德宗听了冷笑道:“哼哼!外边已经有传闻,汾阳王对李白之所以先救后杀,是因为李白担心自己将钱帛藏匿地点告诉汾阳王以后,汾阳王会食言不救自己,故而留了一个后手,只有确认自己性命无忧的情况下才会将藏匿钱帛的地点告诉汾阳王,所以才会发生先救后杀这种怪事。而且,因为汾阳王曾主动搭救李白,即便事后发现了李白是死于非命,也不会有人怀疑到汾阳王身上。”
“皇兄,你怎么能相信这些谣言呢?汾阳王自己的俸禄和所获赏赐不计其数,家产早已经富可敌国,他怎么会因为这些身外之物而起贪心呢?”
“朕也是这样认为的,但是众口铄金,有人就和朕说了,汾阳王的财富毕竟是历经三朝之久才慢慢积累起来的。尤其是在肃宗朝时期,朝廷一直都在疲于应对安史叛军,国库从来就没有盈余,汾阳王家里能有什么积蓄?故而在肃宗朝,对汾阳王的赏赐也仅限于官职,真正赏赐大笔钱帛还是在先帝朝开始的。”
“难道皇兄真的相信那些谣言了?”
“朕自然是不信的,但是防民之口甚于防川,眼下没有证据能证明汾阳王的清白,朕又如何堵住满朝官员的口呢?”
升平公主隐隐听出了德宗的意思,说道:“我明日就将汾阳王府的收支账册送进宫,让皇兄亲自核查。”
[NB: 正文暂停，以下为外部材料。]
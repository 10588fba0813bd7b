-- ===== src/RouteCache/Lookup.antt =====
-- A route that is stored is found, and only a live one is.
use rivr.Common.{ℕ, zero, suc, bit_and, bit_or, refl, ap, inl, inr, Bool, true, false}
use rivr.Common.{none, some, List, [], arith, ==→eq, Bool-cases, Option-cases, below}
use rivr.Common.{below_sound, length, set, All, IsU8, IsU32, u8, ◌≤◌, ◌<◌, ◌≡◌, ◌∙◌, ◌&&◌}
use rivr.Common.{◌||◌, ◌∷◌, ◌==◌}
use rivr.Metrics.{Metrics}
use rivr.RouteCache.{
  Entry, Cache, is_valid, entry_is_alive, expire_entry, lookup_scan, lookup, Route, refresh, write,
  Scan, known, absent, behind, update_scan, update, flag_valid,
}

lookup_scan-alive :
    (es : List Entry) (dst now : ℕ) (e : Entry)
    → (lookup_scan es dst now).1 ≡ some e
    → (e.dst_id ≡ dst) × (entry_is_alive e now ≡ true)
unfolding lookup_scan entry_is_alive expire_entry
lookup_scan-alive [] dst now e h = ground arith
lookup_scan-alive (x ∷ es) dst now e h = ground (arith, lookup_scan-alive es dst now e)

-- A route that `route_cache_lookup` returns leads to the destination, is valid and was confirmed at
-- most 120 s ago.
pub lookup-alive :
    (cache : Cache) (m : Metrics) (dst now : ℕ) (e : Entry)
    → (lookup cache m dst now).2 ≡ some e
    → (e.dst_id ≡ dst) × (entry_is_alive e now ≡ true)
unfolding lookup
lookup-alive cache m dst now e h = elim (Option-cases (lookup_scan cache.entries dst now).1) [
  | inl missing ↦ ground (arith, rw (missing, lookup) at h)
  | inr (x, there) ↦
      ground (arith, rw (there, lookup) at h, lookup_scan-alive cache.entries dst now x there)
]

flag_table : below 256 (λ f. bit_and (u8 (bit_or f flag_valid)) flag_valid == 1) ≡ true
unfolding below
flag_table = refl

flag_set : (f : ℕ) → IsU8 f → bit_and (u8 (bit_or f flag_valid)) flag_valid ≡ 1
flag_set f h =
    ==→eq _ 1
      (below_sound 256 (λ f. bit_and (u8 (bit_or f flag_valid)) flag_valid == 1) f flag_table h)

-- An entry that answers for the destination.
abbrev answers : ℕ → Entry → Bool
answers dst e = e.dst_id == dst && is_valid e

-- A live entry is found behind entries that do not answer.
lookup_scan-here :
    (e : Entry) (es : List Entry) (dst now : ℕ)
    → answers dst e ≡ true
    → e.last_seen_ms ≡ now
    → IsU32 now
    → (lookup_scan (e ∷ es) dst now).1 ≡ some e
unfolding lookup_scan expire_entry
lookup_scan-here e es dst now h same hn = ground arith

lookup_scan-further :
    (e : Entry) (es : List Entry) (dst now : ℕ)
    → answers dst e ≡ false
    → (lookup_scan (e ∷ es) dst now).1 ≡ (lookup_scan es dst now).1
unfolding lookup_scan expire_entry
lookup_scan-further e es dst now h = ground arith

lookup_scan-set :
    (es : List Entry) (i dst now : ℕ) (w : Entry)
    → All (λ (e : Entry). answers dst e ≡ false) es
    → i < length es
    → answers dst w ≡ true
    → w.last_seen_ms ≡ now
    → IsU32 now
    → (lookup_scan (set es i w) dst now).1 ≡ some w
lookup_scan-set [] i dst now w none_of hi h same hn = absurd (omega arith)
lookup_scan-set (e ∷ es) zero dst now w none_of hi h same hn =
    lookup_scan-here w es dst now h same hn
lookup_scan-set (e ∷ es) (suc i) dst now w none_of hi h same hn =
    lookup_scan-further e (set es i w) dst now none_of.0
    ∙ lookup_scan-set es i dst now w none_of.1 (omega arith) h same hn

-- What the scan of `route_cache_update` found.
abbrev Found : List Entry → Route → ℕ → Scan → Type 0
Found es r now (known es') =
    (length es' ≡ length es)
    × ((e : Entry) × ((lookup_scan es' r.dst_id now).1 ≡ some e)
        × (e.last_seen_ms ≡ now)
        × (e.hop_count ≤ r.hop_count))
Found es r now (absent es' free) =
    (length es' ≡ length es)
    × All (λ (e : Entry). answers r.dst_id e ≡ false) es'
    × elim free as (λ _. Type 0) [ none ↦ Unit {0} | some i ↦ i < length es ]

refresh-answers :
    (r : Route) (e : Entry) (now : ℕ)
    → IsU8 r.flags
    → answers r.dst_id e ≡ true
    → (answers r.dst_id (refresh r e now) ≡ true)
      × ((refresh r e now).last_seen_ms ≡ now)
      × ((refresh r e now).hop_count ≤ r.hop_count)
unfolding refresh is_valid
refresh-answers r e now hf h = ground (arith, flag_set r.flags hf)

behind-Found :
    (e e' : Entry) (es : List Entry) (r : Route) (now : ℕ) (s : Scan)
    → answers r.dst_id e' ≡ false
    → Found es r now s
    → Found (e ∷ es) r now (behind e' s)
behind-Found e e' es r now (known es') h (len, (x, there, seen, hops)) =
    (omega arith, (x, lookup_scan-further e' es' r.dst_id now h ∙ there, seen, hops))
behind-Found e e' es r now (absent es' none) h (len, all, _) = elim (Bool-cases (is_valid e')) [
  | inl taken ↦ rw taken (omega arith, (rw taken at h, all), tt)
  | inr open_slot ↦ rw open_slot (omega arith, (rw open_slot at h, all), omega arith)
]
behind-Found e e' es r now (absent es' (some i)) h (len, all, inside) =
    elim (Bool-cases (is_valid e')) [
      | inl taken ↦ rw taken (omega arith, (rw taken at h, all), omega arith)
      | inr open_slot ↦ rw open_slot (omega arith, (rw open_slot at h, all), omega arith)
    ]

update_scan-Found :
    (es : List Entry) (r : Route) (now : ℕ)
    → IsU8 r.flags
    → IsU32 now
    → Found es r now (update_scan es r now)
unfolding update_scan
update_scan-Found [] r now hf hn = (refl, tt, tt)
update_scan-Found (e ∷ es) r now hf hn =
    let e' = (expire_entry e now).0 in
    elim (Bool-cases (answers r.dst_id e')) [
      | inl here ↦
          let k = refresh-answers r e' now hf here in
          rw here (
            refl,
            (
              refresh r e' now,
              lookup_scan-here (refresh r e' now) es r.dst_id now k.0 k.1 hn,
              k.1,
              k.2,
            ),
          )
      | inr further ↦ rw further (
          behind-Found e e' es r now (update_scan es r now) further
            (update_scan-Found es r now hf hn))
    ]

lookup-lookup_scan :
    (cache : Cache) (m : Metrics) (dst now : ℕ) (e : Entry)
    → 0 < dst
    → (lookup_scan cache.entries dst now).1 ≡ some e
    → (lookup cache m dst now).2 ≡ some e
unfolding lookup
lookup-lookup_scan cache m dst now e hd h = rw (h, lookup) (ground arith)

write-answers : (r : Route) (now : ℕ) → IsU8 r.flags → answers r.dst_id (write r now) ≡ true
unfolding write is_valid
write-answers r now hf = ground (arith, flag_set r.flags hf)

-- The lookup finds a route that was confirmed just now.
abbrev Answer : Metrics → Route → ℕ → Cache → Type 0
Answer m r now c =
    (e : Entry) × ((lookup c m r.dst_id now).2 ≡ some e)
    × (e.dst_id ≡ r.dst_id)
    × (e.last_seen_ms ≡ now)
    × (e.hop_count ≤ r.hop_count)

found :
    (m : Metrics) (r : Route) (now : ℕ) (c : Cache) (e : Entry)
    → 0 < r.dst_id
    → (lookup_scan c.entries r.dst_id now).1 ≡ some e
    → e.last_seen_ms ≡ now
    → e.hop_count ≤ r.hop_count
    → Answer m r now c
found m r now c e hd there seen hops = (
  e,
  lookup-lookup_scan c m r.dst_id now e hd there,
  (lookup_scan-alive c.entries r.dst_id now e there).0,
  seen,
  hops,
)

written :
    (m : Metrics) (r : Route) (now : ℕ) (c : Cache) (es : List Entry) (i : ℕ)
    → 0 < r.dst_id
    → IsU8 r.flags
    → IsU32 now
    → c.entries ≡ set es i (write r now)
    → All (λ (e : Entry). answers r.dst_id e ≡ false) es
    → i < length es
    → Answer m r now c
unfolding write
written m r now c es i hd hf hn shape all inside =
    let there =
      lookup_scan-set es i r.dst_id now (write r now) all inside (write-answers r now hf) refl hn in
    found m r now c (write r now) hd
      (ap (λ (l : List Entry). (lookup_scan l r.dst_id now).1) shape ∙ there) refl (omega arith)

-- A route that `route_cache_update` is told is found afterwards: the lookup at the same time returns
-- a route to the destination, confirmed just now and with at most as many hops. The destination and
-- the next hop are not 0, the eviction cursor points into the table, and the flags and the time fit
-- their types.
pub lookup-update :
    (cache : Cache) (m m' : Metrics) (r : Route) (now : ℕ)
    → 0 < r.dst_id
    → 0 < r.next_hop
    → IsU8 r.flags
    → IsU32 now
    → cache.evict_hand < length cache.entries
    → (e : Entry) × ((lookup (update cache m r now).0 m' r.dst_id now).2 ≡ some e)
      × (e.dst_id ≡ r.dst_id)
      × (e.last_seen_ms ≡ now)
      × (e.hop_count ≤ r.hop_count)
unfolding update
lookup-update cache m m' r now hd hh hf hn hc =
    go (update_scan cache.entries r now) refl (update_scan-Found cache.entries r now hf hn)
  where
    named : (r.dst_id == 0 || r.next_hop == 0) ≡ false
    named = ground arith

    go :
        (s : Scan)
        → update_scan cache.entries r now ≡ s
        → Found cache.entries r now s
        → Answer m' r now (update cache m r now).0
    go (known es) e (len, (x, there, seen, hops)) =
        rw (e, named, update) (found m' r now (record cache { entries = es }) x hd there seen hops)
    go (absent es none) e (len, all, _) =
        rw (e, named, update)
          (written m' r now _ es cache.evict_hand hd hf hn refl all (omega (arith, len)))
    go (absent es (some i)) e (len, all, inside) =
        rw (e, named, update) (written m' r now _ es i hd hf hn refl all (omega (arith, len)))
德宗假意不满地说道:“你这是什么话,朕又不想看这些,你如果真想堵住悠悠众口,最好将汾阳王府的收支账册拿到大理寺,由大理寺核查以后再向天下公布,不是更能证明汾阳王的清白吗?”
升平公主随后问道:“皇兄,如果核查完汾阳王府的账目以后,能证明郭曙无罪,皇兄能不能对郭纲………”
“放肆!”德宗怒道:“郭纲犯得是什么罪你难道不知道吗?不要说他涉嫌阴谋作乱,就单单叛国投敌一项就是十恶不赦的大罪!”